On 28 October 2022 the applicant made an application under r 17.05(2)(a) of the FCFCOA Rules to set aside the orders made on 1 September 2022. On 5 December 2022, Cameron J heard that application. The applicant argued that the deed should not be treated as an effective compromise of the parties’ dispute as there was defect in the applicant’s execution of the deed and provided reasons why she had left the courtroom during the hearing. However, his Honour refused the application with costs (at [10]).
On 17 December 2022, the applicant filed an application for leave to appeal from the costs order made on 5 December 2022. The applicant also sought to challenge various orders made by Cameron J including the orders of 1 September 2022 and 5 December 2022. This application was determined by Rares J on 21 April 2023 and dismissed. Rares J explicitly found that ‘there was no doubt about the correctness of the orders made on 5 December 2022’ and that Cameron J was ‘able to act on the basis that he did in ordering summary judgment’ (at [11]).

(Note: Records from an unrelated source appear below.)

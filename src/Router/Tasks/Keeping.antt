-- ===== src/Router/Tasks/Keeping.antt =====
-- Properties of the database over the steps of a task of app/services/order_router.py.
use dataveda_nifty_agent.Prelude.{ℕ}
use dataveda_nifty_agent.Runtime.{Runtime}
use dataveda_nifty_agent.Models.Signal.{TradingViewSignal}
use dataveda_nifty_agent.Storage.Models.{Tenant, Db}
use dataveda_nifty_agent.Storage.Action.{Result, ok, raised}
use dataveda_nifty_agent.Storage.Action.Keeps.{Keeps}
use dataveda_nifty_agent.Router.{reserve, log_result, finish, reject}
use dataveda_nifty_agent.Router.Keeping.{IsKept}
use dataveda_nifty_agent.Router.Tasks.{
  Stage, starting, reserved, refusing, placing, waiting, answered, recorded, done, failed, Inputs,
  advance, next_stage,
}

next_stage-keeps :
    {A : Type 0} (P : Db → Type 0) (f : A → Stage) (x : Result A × Db)
    → P x.1
    → P (next_stage f x).1
next_stage-keeps P f (ok a, db) h = h
next_stage-keeps P f (raised e, db) h = h

-- What the writes of process_signal keep, each step of a task does.
pub advance-keeps :
    (rt : Runtime) (tenant : Tenant) (signal : TradingViewSignal) (P : Db → Type 0)
    → IsKept rt P
    → ((now : ℕ) → Keeps P (reserve rt now tenant signal))
    → (i : Inputs) (stage : Stage) (db : Db) → P db
    → P (advance rt tenant signal i stage db).1
unfolding advance log_result finish reject
advance-keeps rt tenant signal P k r i starting db h = next_stage-keeps P _ _ ((r i.now).at db h)
advance-keeps rt tenant signal P k r i (reserved e) db h = h
advance-keeps rt tenant signal P k r i (refusing e logged message) db h =
    next_stage-keeps P _ _ ((k.by_finalize e "rejected" logged).at db h)
advance-keeps rt tenant signal P k r i (placing e order) db h = h
advance-keeps rt tenant signal P k r i (waiting e order) db h = h
advance-keeps rt tenant signal P k r i (answered e order result) db h =
    next_stage-keeps P _ _ ((k.by_log _ _ _ _ _ _ _ _ _ _ _).at db h)
advance-keeps rt tenant signal P k r i (recorded e result) db h =
    next_stage-keeps P _ _ ((k.by_finalize e _ _).at db h)
advance-keeps rt tenant signal P k r i (done result) db h = h
advance-keeps rt tenant signal P k r i (failed e) db h = h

Hearing of the interlocutory application and reasons for the dismissal
During the hearing of the application, the applicant interrupted the respondent`s oral submissions complaining they were irrelevant and left the courtroom indicating she intended to appeal. Kennette J continued the hearing under r 17.04(b) of the FC Rules in the applicant’s absence (at [13]). His Honour stated the deed involved a binding promise by the applicant not to pursue any ‘Claims’ against the respondent and operated as a release from liability in respect of such claims. The definition of ‘Claims’ also captured any actions arising from the circumstances in which the applicant was conditionally offered employment and not employed which were the issues sought to be resolved in the present proceedings. That was sufficient to establish the applicant had no ‘reasonable prospect of successfully prosecuting the proceeding’ under r 26.01(1)(a) of the FC Rules and s 31A(2)(b) of the Federal Court of Australia Act 1976 (Cth). His Honour further cited Burge v Commonwealth Bank of Australia (No 3) [2017] FCA 383 and held the proceedings were also an abuse of process pursuant to r 26.01(1)(d) of the FC Rules (at [14]).

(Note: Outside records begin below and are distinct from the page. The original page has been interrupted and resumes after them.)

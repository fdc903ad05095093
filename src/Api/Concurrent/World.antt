-- ===== src/Api/Concurrent/World.antt =====
-- The server's requests (app/main.py) and the router's tasks (app/services/order_router.py) together.
use dataveda_nifty_agent.Prelude.{ℕ, String, List, [], ◌∷◌, ◌++◌}
use dataveda_nifty_agent.Runtime.{Runtime}
use dataveda_nifty_agent.Storage.Models.{Db}
use dataveda_nifty_agent.Router.Tasks.{Task, Inputs, advance, System, sent_by, idle}
use dataveda_nifty_agent.Api.Auth.{Settings}
use dataveda_nifty_agent.Api.Concurrent.{Call, Progress, arrived, proceed, entering}

-- A request with its place in its handler.
pub record Pending : Type 0 where
  pub call : Call
  pub progress : Progress

-- The whole server: the requests in their handlers, and the router with its tasks and the database.
pub record World : Type 0 where
  pub system : System
  pub pending : List Pending

abbrev pub proceeded :
    Runtime → Settings → List Pending → Pending → List Pending → ℕ → System → World
proceeded rt settings before p after now σ =
    let stepped = proceed rt settings p.call now p.progress σ.db in
    record {
      system = record {
        db = stepped.1;
        tasks = entering rt settings p.call p.progress σ.db ++ σ.tasks;
        sent = σ.sent;
      };
      pending = before ++ record p { progress = stepped.0 } ∷ after;
    }

-- The router after a step of one of its tasks.
abbrev pub routed :
    Runtime → Db → List Task → Task → List Task → List (String × String) → Inputs → System
routed rt db before task after sent i =
    let stepped = advance rt task.tenant task.signal i task.stage db in
    record {
      db = stepped.1;
      tasks = before ++ record task { stage = stepped.0 } ∷ after;
      sent = sent_by task ++ sent;
    }

-- The requests that come in, and the instants at which requests and alerts go on.
pub record Rules : Type 1 where
  pub calls : Call → Type 0
  pub instants : ℕ → Type 0

-- Any request at any instant.
abbrev pub anything : Rules
anything = record { calls = λ call. Unit; instants = λ now. Unit }

-- One step of the server: a request comes in, one of those that the rules tell; a request goes on in
-- its handler; or a task of process_signal makes a step.
pub data Step (rt : Runtime) (settings : Settings) (rules : Rules) : World → World → Type 0 where
  come :
      (w : World) (call : Call)
      → rules.calls call
      → Step rt settings rules w
          (record w { pending = record { call = call; progress = arrived } ∷ w.pending })
  handle :
      (before : List Pending) (p : Pending) (after : List Pending) (now : ℕ) (σ : System)
      → rules.instants now
      → Step rt settings rules
          (record { system = σ; pending = before ++ p ∷ after })
          (proceeded rt settings before p after now σ)
  route :
      (pending : List Pending) (db : Db) (before : List Task) (task : Task) (after : List Task)
      (sent : List (String × String)) (i : Inputs)
      → rules.instants i.now
      → Step rt settings rules
          (record {
            system = record { db = db; tasks = before ++ task ∷ after; sent = sent };
            pending = pending;
          })
          (record { system = routed rt db before task after sent i; pending = pending })

pub data Reach (rt : Runtime) (settings : Settings) (rules : Rules) (start : World)
    : World → Type 0 where
  here : Reach rt settings rules start start
  next :
      {w x : World}
      → Reach rt settings rules start w
      → Step rt settings rules w x
      → Reach rt settings rules start x

-- No request is under way.
abbrev pub empty_world : Db → World
empty_world db = record { system = idle db; pending = [] }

His Honour expressed the judgments in the earlier proceedings did not directly engage ‘any of the preclusive doctrines of res judicata, issue estoppel or Anshun estoppel in respect of those issues’. However, those judgments stand in the way of any claim that the deed was not effective (at [15]). His Honour further held that the applicant ‘is estopped from re-agitating that issue’ as the terms of the deed stand insuperably against any reasonable prospect of the applicant succeeding in this case (at [16]). Subsequently, his Honour dismissed the proceedings and ordered the applicant pay the respondent’s costs (at [17]).